Os pesquisadores ponderam que eliminar completamente a exposição aos microplásticos não é realista, mas há práticas cotidianas que podem reduzir a sua ingestão — e consequentemente os riscos para a saúde a longo prazo.
- Trocar a água engarrafada por água filtrada da torneira pode reduzir a ingestão de microplásticos de 90.000 para 4.000 partículas por ano.

“A água engarrafada sozinha pode expor as pessoas a quase tantas partículas de microplástico anualmente quanto todas as fontes ingeridas e inaladas combinadas”, diz o Dr.

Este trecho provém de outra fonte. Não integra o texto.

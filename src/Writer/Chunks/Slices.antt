-- ===== src/Writer/Chunks/Slices.antt =====
-- Slices of bytes.
use clementine_citeria.Common.{
  ℕ, zero, suc, ◌+◌, ◌-◌, ◌≤◌, ◌≡◌, refl, ap, arith, [], ◌∷◌, ◌++◌, length, take, drop, replicate,
  All,
}
use clementine_citeria.Common.Bytes.{Bytes, IsByte}

pub length-take : (n : ℕ) (xs : Bytes) → n ≤ length xs → length (take n xs) ≡ n
length-take zero xs h = refl
length-take (suc n) [] h = absurd (omega arith)
length-take (suc n) (x ∷ xs) h = ap suc (length-take n xs (omega arith))

pub length-drop : (n : ℕ) (xs : Bytes) → length (drop n xs) ≡ length xs - n
length-drop zero xs = omega arith
length-drop (suc n) [] = omega arith
length-drop (suc n) (x ∷ xs) = omega (arith, length-drop n xs)

pub take-append : (n : ℕ) (xs ys : Bytes) → length xs ≡ n → take n (xs ++ ys) ≡ xs
take-append zero [] ys h = refl
take-append zero (x ∷ xs) ys h = absurd (omega arith)
take-append (suc n) [] ys h = absurd (omega arith)
take-append (suc n) (x ∷ xs) ys h = ap (λ t. x ∷ t) (take-append n xs ys (omega arith))

pub All-take : (n : ℕ) (xs : Bytes) → All IsByte xs → All IsByte (take n xs)
All-take zero xs h = tt
All-take (suc n) [] h = tt
All-take (suc n) (x ∷ xs) (hx, h) = (hx, All-take n xs h)

pub All-drop : (n : ℕ) (xs : Bytes) → All IsByte xs → All IsByte (drop n xs)
All-drop zero xs h = h
All-drop (suc n) [] h = tt
All-drop (suc n) (x ∷ xs) (hx, h) = All-drop n xs h

pub All-zeros : (n : ℕ) → All IsByte (replicate n 0)
All-zeros zero = tt
All-zeros (suc n) = (omega arith, All-zeros n)

pub All-join : (xs ys : Bytes) → All IsByte xs → All IsByte ys → All IsByte (xs ++ ys)
All-join [] ys h k = k
All-join (x ∷ xs) ys (hx, h) k = (hx, All-join xs ys h k)

-- A slice and what is left.
pub take-drop_next : (i n : ℕ) (xs : Bytes) → take n (drop i xs) ++ drop (i + n) xs ≡ drop i xs
take-drop_next i n xs = rw (drop-add i n xs) (take-drop n (drop i xs))
  where
    take-drop : (n : ℕ) (xs : Bytes) → take n xs ++ drop n xs ≡ xs
    take-drop zero xs = refl
    take-drop (suc n) [] = refl
    take-drop (suc n) (x ∷ xs) = ap (λ t. x ∷ t) (take-drop n xs)

    drop-nil : (n : ℕ) → drop {A = ℕ} n [] ≡ []
    drop-nil zero = refl
    drop-nil (suc n) = refl

    drop-add : (i n : ℕ) (xs : Bytes) → drop (i + n) xs ≡ drop n (drop i xs)
    drop-add zero n xs = let e : 0 + n ≡ n = omega arith in rw e
    drop-add (suc i) n [] = rw (drop-nil (suc i + n), drop-nil n)
    drop-add (suc i) n (x ∷ xs) =
        let e : suc i + n ≡ suc (i + n) = omega arith in rw e (drop-add i n xs)

pub drop-all : (n : ℕ) (xs : Bytes) → length xs ≤ n → drop n xs ≡ []
drop-all zero [] h = refl
drop-all zero (x ∷ xs) h = absurd (omega arith)
drop-all (suc n) [] h = refl
drop-all (suc n) (x ∷ xs) h = drop-all n xs (omega arith)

Brandon Luu, residente em medicina interna da Universidade de Toronto. “A troca para água da torneira pode reduzir essa exposição em quase 90%, tornando-se uma das maneiras mais simples de reduzir a ingestão de microplásticos.”
- Troque seus saquinhos de chá de plástico: eles podem liberar milhões de partículas micro e nanométricas por sessão de preparo.
- Mude a maneira como aquece e armazena os alimentos: priorize vidro ou aço inoxidável.
“Aquecer alimentos em recipientes de plástico — especialmente no micro-ondas — pode liberar quantidades substanciais de microplásticos e nanoplásticos”, explica Luu. “Evitar o armazenamento de alimentos em plástico e usar alternativas de vidro ou aço inoxidável é um passo pequeno, mas significativo, para limitar a exposição”.